WHAT YOU WILL DO: From the data below, set down exactly the lines between the one holding "-- The value" and the one holding "Triple-bind m f", inclusive, and no others.

⁂

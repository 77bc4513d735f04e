-- ===== src/Exec.antt =====
-- Methods that change an object in place, call other systems and may return an error. What was
-- changed before the error stays changed.
use quorum_based_manifests_g.Common.{
  Result, ok, err, String, with_context, Bool, true, false, if◌then◌else◌,
}

abbrev pub Exec {ℓ} : Type ℓ → Type ℓ → Type ℓ
Exec S A = S → Result A × S

module _ {ℓ} {S A : Type ℓ} where
  unfoldable pub pure : A → Exec S A
  pure a s = (ok a, s)

  unfoldable pub raise : String → Exec S A
  raise e s = (err e, s)

module _ {ℓ} {S A B : Type ℓ} where
  abbrev pub continue : Result A × S → (A → Exec S B) → Result B × S
  continue (ok a, s) f = f a s
  continue (err e, s) f = (err e, s)

  infixl 10 ◌>>=◌ ◌>>◌
  unfoldable pub ◌>>=◌ : Exec S A → (A → Exec S B) → Exec S B
  unfolding pure raise
  ◌>>=◌ m f s = continue (m s) f

  abbrev pub ◌>>◌ : Exec S A → Exec S B → Exec S B
  m >> n = m >>= λ _. n

module _ {S A : Type 0} where
  abbrev pub in_context : String → Result A × S → Result A × S
  in_context context (ok a, s) = (ok a, s)
  in_context context (err e, s) = (err (with_context context e), s)

  -- `if err := m; err != nil { return fmt.Errorf("context: %w", err) }`
  unfoldable pub wrapped : String → Exec S A → Exec S A
  wrapped context m s = in_context context (m s)

  abbrev pub caught : Result A × S → Result (Result A) × S
  caught (r, s) = (ok r, s)

  -- The value and the error of `m`, for the code that looks at both.
  unfoldable pub both : Exec S A → Exec S (Result A)
  both m s = caught (m s)

  abbrev pub ignored : Result A × S → Result (Unit {0}) × S
  ignored (r, s) = (ok tt, s)

  -- `_ = m`
  unfoldable pub ignore : Exec S A → Exec S (Unit {0})
  ignore m s = ignored (m s)

-- A triple: from a state with `P`, a result with `Q` or an error with `E`.
module _ {S A : Type 0} where
  abbrev pub Post : (A → S → Type 0) → (S → Type 0) → Result A × S → Type 0
  Post Q E (ok a, s) = Q a s
  Post Q E (err e, s) = E s

  pub record Triple (P : S → Type 0) (m : Exec S A) (Q : A → S → Type 0) (E : S → Type 0)
      : Type 0 where
    pub at : (s : S) → P s → Post Q E (m s)

module _ {S A B : Type 0} {E : S → Type 0} where
  bind-Post :
      {R : A → S → Type 0} {Q : B → S → Type 0} (f : A → Exec S B) (p : Result A × S)
      → Post R E p
      → ((a : A) → Triple (R a) (f a) Q E)
      → Post Q E (continue p f)
  bind-Post f (ok a, s) h k = (k a).at s h
  bind-Post f (err e, s) h k = h

  pub Triple-bind :
      {P : S → Type 0} {R : A → S → Type 0} {Q : B → S → Type 0} (m : Exec S A) (f : A → Exec S B)
      → Triple P m R E
      → ((a : A) → Triple (R a) (f a) Q E)
      → Triple P (m >>= f) Q E
  unfolding ◌>>=◌
  Triple-bind m f t k = record { at = λ s h. bind-Post f (m s) (t.at s h) k }

module _ {S A : Type 0} where
  pub Triple-pure : {P E : S → Type 0} (a : A) → Triple P (pure a) (λ _. P) E
  unfolding pure
  Triple-pure a = record { at = λ s h. h }

  pub Triple-raise : {P : S → Type 0} {Q : A → S → Type 0} (e : String) → Triple P (raise e) Q P
  unfolding raise
  Triple-raise e = record { at = λ s h. h }

  weaken-Post :
      {Q Q' : A → S → Type 0} {E E' : S → Type 0} (p : Result A × S)
      → Post Q E p
      → ((a : A) (s : S) → Q a s → Q' a s)
      → ((s : S) → E s → E' s)
      → Post Q' E' p
  weaken-Post (ok a, s) h q e = q a s h
  weaken-Post (err x, s) h q e = e s h

  pub Triple-weaken :
      {P P' : S → Type 0} {Q Q' : A → S → Type 0} {E E' : S → Type 0} (m : Exec S A)
      → Triple P m Q E
      → ((s : S) → P' s → P s)
      → ((a : A) (s : S) → Q a s → Q' a s)
      → ((s : S) → E s → E' s)
      → Triple P' m Q' E'
  Triple-weaken m t p q e = record { at = λ s h. weaken-Post (m s) (t.at s (p s h)) q e }

  wrapped-Post :
      (Q : A → S → Type 0) (E : S → Type 0) (c : String) (p : Result A × S)
      → Post Q E p
      → Post Q E (in_context c p)
  wrapped-Post Q E c (ok a, s) h = h
  wrapped-Post Q E c (err e, s) h = h

  pub Triple-wrapped :
      {P : S → Type 0} {Q : A → S → Type 0} {E : S → Type 0} (c : String) (m : Exec S A)
      → Triple P m Q E
      → Triple P (wrapped c m) Q E
  unfolding wrapped
  Triple-wrapped {Q} {E} c m t = record { at = λ s h. wrapped-Post Q E c (m s) (t.at s h) }

  both-Post : (R E : S → Type 0) (p : Result A × S) → Post (λ _. R) R p → Post (λ _. R) E (caught p)
  both-Post R E (ok a, s) h = h
  both-Post R E (err e, s) h = h

  pub Triple-both :
      {P R E : S → Type 0} (m : Exec S A) → Triple P m (λ _. R) R → Triple P (both m) (λ _. R) E
  unfolding both
  Triple-both {R} {E} m t = record { at = λ s h. both-Post R E (m s) (t.at s h) }

  ignore-Post :
      (R E : S → Type 0) (p : Result A × S) → Post (λ _. R) R p → Post (λ _. R) E (ignored p)
  ignore-Post R E (ok a, s) h = h
  ignore-Post R E (err e, s) h = h

  pub Triple-ignore :
      {P R E : S → Type 0} (m : Exec S A) → Triple P m (λ _. R) R → Triple P (ignore m) (λ _. R) E
  unfolding ignore
  Triple-ignore {R} {E} m t = record { at = λ s h. ignore-Post R E (m s) (t.at s h) }

  pub Triple-return :
      {P E : S → Type 0} {Q : A → S → Type 0} (a : A)
      → ((s : S) → P s → Q a s)
      → Triple P (pure a) Q E
  unfolding pure
  Triple-return a q = record { at = q }

  pub Triple-if :
      {P E : S → Type 0} {Q : A → S → Type 0} (b : Bool) (m n : Exec S A)
      → Triple P m Q E
      → Triple P n Q E
      → Triple P (if b then m else n) Q E
  Triple-if true m n tm tn = tm
  Triple-if false m n tm tn = tn
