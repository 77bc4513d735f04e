-- ===== src/Controller.antt =====
-- What the three controllers of kubernetes/internal/controller share: an object that is read and
-- written, calls of other systems, the lock in the object's conditions (Lock) and the logic of what
-- is done under it (Triples, Keeps, Discipline).
pub mod Lock
pub mod Triples
pub mod Keeps
pub mod Git
pub mod Discipline
use quorum_based_manifests_g.Common.{
  ℕ, ltb, Bool, true, false, ◌||◌, List, ◌∷◌, String, Result, ok, err, if◌then◌else◌,
}
use quorum_based_manifests_g.Api.{ManifestRef, Condition}
use quorum_based_manifests_g.Kube.{Kube, progressing, CtrlResult, requeue_in, scheduled_interval}
use quorum_based_manifests_g.Exec.{Exec, pure, ◌>>=◌}

-- A controller's object and the client that reads and writes it. A successful write answers with
-- the object as the server holds it then. `updated` names the write of the whole object.
pub record Host : Type 1 where
  pub State : Type 0
  pub Object : Type 0
  pub ActionState : Type 0
  pub Effect : Type 0
  pub kube : Kube
  pub get : ManifestRef → State → Result Object × State
  pub status_update : Object → State → Result Object × State
  pub update : Object → State → Result Object × State
  pub now : State → ℕ × State
  pub updated : Effect
  pub key : Object → ManifestRef
  pub action_state : Object → ActionState
  pub conditions : Object → List Condition
  pub with_state : ActionState → List Condition → Object → Object
  pub text : ActionState → String
  pub same_state : ActionState → ActionState → Bool
  pub kind : String

-- The state of a run: the systems, and the object that the controller's pointer refers to.
-- `held`: the last status that was written has the lock. `effects`: what was attempted, the latest
-- first, each with the value of `held` then. The code reads neither.
pub record Run (h : Host) : Type 0 where
  pub state : h.State
  pub object : h.Object
  pub held : Bool
  pub effects : List (h.Effect × Bool)

abbrev pub Action : Host → Type 0 → Type 0
Action h = Exec (Run h)

module _ (h : Host) where
  -- A call that does not touch the object.
  abbrev pub answered : {A : Type 0} → Run h → Result A × h.State → Result A × Run h
  answered r (a, s) = (a, record r { state = s })

  -- A call that answers with the object, which then replaces it.
  abbrev pub replaced : Run h → Bool → Result h.Object × h.State → Result (Unit {0}) × Run h
  replaced r written (ok m, s) = (ok tt, record r { state = s; object = m; held = written })
  replaced r written (err e, s) = (err e, record r { state = s })

  unfoldable pub call : {A : Type 0} → (h.State → Result A × h.State) → Action h A
  call op r = answered r (op r.state)

  -- A call that acts on other systems, whether or not it succeeds there.
  unfoldable pub effect : {A : Type 0} → h.Effect → (h.State → Result A × h.State) → Action h A
  effect e op r = answered (record r { effects = (e, r.held) ∷ r.effects }) (op r.state)

  unfoldable pub current : Action h h.Object
  current r = (ok r.object, r)

  -- The object is changed in memory.
  unfoldable pub modify : (h.Object → h.Object) → Action h (Unit {0})
  modify f r = (ok tt, record r { object = f r.object })

  -- `r.Get(ctx, client.ObjectKeyFromObject(object), object)`
  unfoldable pub get_again : Action h (Unit {0})
  get_again r = replaced r r.held (h.get (h.key r.object) r.state)

  abbrev pub is_locked : h.Object → Bool
  is_locked m = h.kube.is_status_condition_true (h.conditions m) progressing

  -- `r.Status().Update(ctx, object)`
  unfoldable pub status_update : Action h (Unit {0})
  status_update r = replaced r (is_locked r.object) (h.status_update r.object r.state)

  -- `r.Update(ctx, object)`
  unfoldable pub update : Action h (Unit {0})
  update r =
      replaced (record r { effects = (h.updated, r.held) ∷ r.effects }) r.held
        (h.update r.object r.state)

  abbrev pub timed : ℕ × h.State → Result ℕ × h.State
  timed (t, s) = (ok t, s)

  -- `time.Now`
  unfoldable pub time_now : Action h ℕ
  unfolding call
  time_now = call (λ s. timed (h.now s))

  -- The object of the request is read; one that is gone is no error.
  abbrev pub fetched : Run h → Result h.Object × h.State → Result Bool × Run h
  fetched r (ok m, s) = (ok true, record r { state = s; object = m })
  fetched r (err e, s) =
      if h.kube.is_not_found e
      then (ok false, record r { state = s })
      else (err e, record r { state = s })

  unfoldable pub fetch : ManifestRef → Action h Bool
  fetch key r = fetched r (h.get key r.state)

-- `handleResult` on a result with no error; an error passes.
unfoldable pub handle_result : CtrlResult → CtrlResult
handle_result result =
    if result.requeue || ltb 0 result.requeue_after then result else requeue_in scheduled_interval

abbrev pub polled : {h : Host} → Action h CtrlResult → Action h CtrlResult
polled m = do result ← m; pure (handle_result result)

⁂

RESULT OF THE TASK:
  -- The value and the error of `m`, for the code that looks at both.
  unfoldable pub both : Exec S A → Exec S (Result A)
  both m s = caught (m s)

  abbrev pub ignored : Result A × S → Result (Unit {0}) × S
  ignored (r, s) = (ok tt, s)

  -- `_ = m`
  unfoldable pub ignore : Exec S A → Exec S (Unit {0})
  ignore m s = ignored (m s)

-- A triple: from a state with `P`, a result with `Q` or an error with `E`.
module _ {S A : Type 0} where
  abbrev pub Post : (A → S → Type 0) → (S → Type 0) → Result A × S → Type 0
  Post Q E (ok a, s) = Q a s
  Post Q E (err e, s) = E s

  pub record Triple (P : S → Type 0) (m : Exec S A) (Q : A → S → Type 0) (E : S → Type 0)
      : Type 0 where
    pub at : (s : S) → P s → Post Q E (m s)

module _ {S A B : Type 0} {E : S → Type 0} where
  bind-Post :
      {R : A → S → Type 0} {Q : B → S → Type 0} (f : A → Exec S B) (p : Result A × S)
      → Post R E p
      → ((a : A) → Triple (R a) (f a) Q E)
      → Post Q E (continue p f)
  bind-Post f (ok a, s) h k = (k a).at s h
  bind-Post f (err e, s) h k = h

  pub Triple-bind :
      {P : S → Type 0} {R : A → S → Type 0} {Q : B → S → Type 0} (m : Exec S A) (f : A → Exec S B)
      → Triple P m R E
      → ((a : A) → Triple (R a) (f a) Q E)
      → Triple P (m >>= f) Q E
  unfolding ◌>>=◌
  Triple-bind m f t k = record { at = λ s h. bind-Post f (m s) (t.at s h) k }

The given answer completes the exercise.